En el mundo de la avicultura, especialmente las gallinas, son las principales afectadas por este ácaro, ya que al ser un parásito hematófago, es decir, que se alimenta de la sangre, les provoca numerosas enfermedades, que a su vez, pueden ser transmitidas a las personas.


Desde el grupo SaBio de la Universidad de Castilla-La Mancha (UCLM), explican que lo que hace tan 'escurridizo' a este ácaro es “la capacidad para esconderse durante el día en grietas y orificios lejos del alcance de las gallinas para, de noche, salir de sus escondites y alimentarse de ellas”.


Entre las consecuencias que pueden tener las infestaciones, el equipo universitario las divide en tres grupos, dependiendo de a quién o a qué repercutan.


En primer lugar, exponen que las repercusiones que el parásito tiene sobre la gallina pueden presentarse en forma de enfermedades. “Dado que el ácaro se alimenta de la sangre de las aves, esto puede llegar a producirles anemia, y en los casos más graves, la muerte, a consecuencia de una exanguinación. Además, al actuar durante las horas en las que duermen, les impiden descansar correctamente, por lo que el nivel de estrés les aumenta", apuntan.

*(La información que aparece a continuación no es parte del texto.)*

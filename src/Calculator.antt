-- ===== src/Calculator.antt =====
-- src/kayak/cli/calculator.py: the readings that are computed from other gauges' readings.
pub mod Order
pub mod Sorted
pub mod Solvable
pub mod Evaluate
pub mod Meaning
pub mod Whitelist
pub mod Sources
pub mod Refs
pub mod Run
pub mod InSync
pub mod Sound
pub mod Tests
mod RunTests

Por otra parte, las repercusiones en la salud pública también se hacen notables, y es que "puede picar a los humanos y producirles dermatitis y prurito", por lo que actualmente se requieren pesticidas para controlarlos y que no afecten a la salud, pero tampoco al medio ambiente.


Por último, y en cuanto a las repercusiones económicas del ácaro rojo se refiere, destacan "la reducción significativa de puesta de huevos y su calidad, estimándose pérdidas de hasta 231 millones de euros en la Unión Europea, así como el aumento de los costes derivados de los tratamientos para controlarlo".


En este sentido, destaca que “un total del 90% de los productores de huevos en España comparte este problema”.


CÓMO DETECTARLO


La recomendación de los expertos se basa en la realización de evaluaciones periódicas para medir el nivel de infestación de las gallinas, ya que “mediante una monitorización adecuada se pueden detectar de forma temprana infestaciones por el ácaro rojo", además de facilitar la toma de decisiones para determinar el momento de aplicar un tratamiento.



SEGUIMIENTO


Una vez detectado, existen varios métodos para realizar el seguimiento de la población de ácaros en una nave de gallinas ponedoras, para el que emplean técnicas económicas y fáciles de aplicar.


Uno de ellos, denominado Myte Monitorem System, se basa en la revisión visual de forma periódica de distintos puntos de la nave. Aunque se trata de un método barato y rápido, no resulta sensible cuando los niveles de infestación son bajos.


Por otra parte, se encuentran las trampas de cartón, consistentes en “la colocación de cartón ondulado de 10x7 cm durante dos días”. El inconveniente de este método es el largo tiempo que supone el recuento de ácaros.


Además de estos, existen otros métodos que requieren exámenes de las heces secas de las gallinas, de las plumas, el polvo y otros restos o trampas con tubos.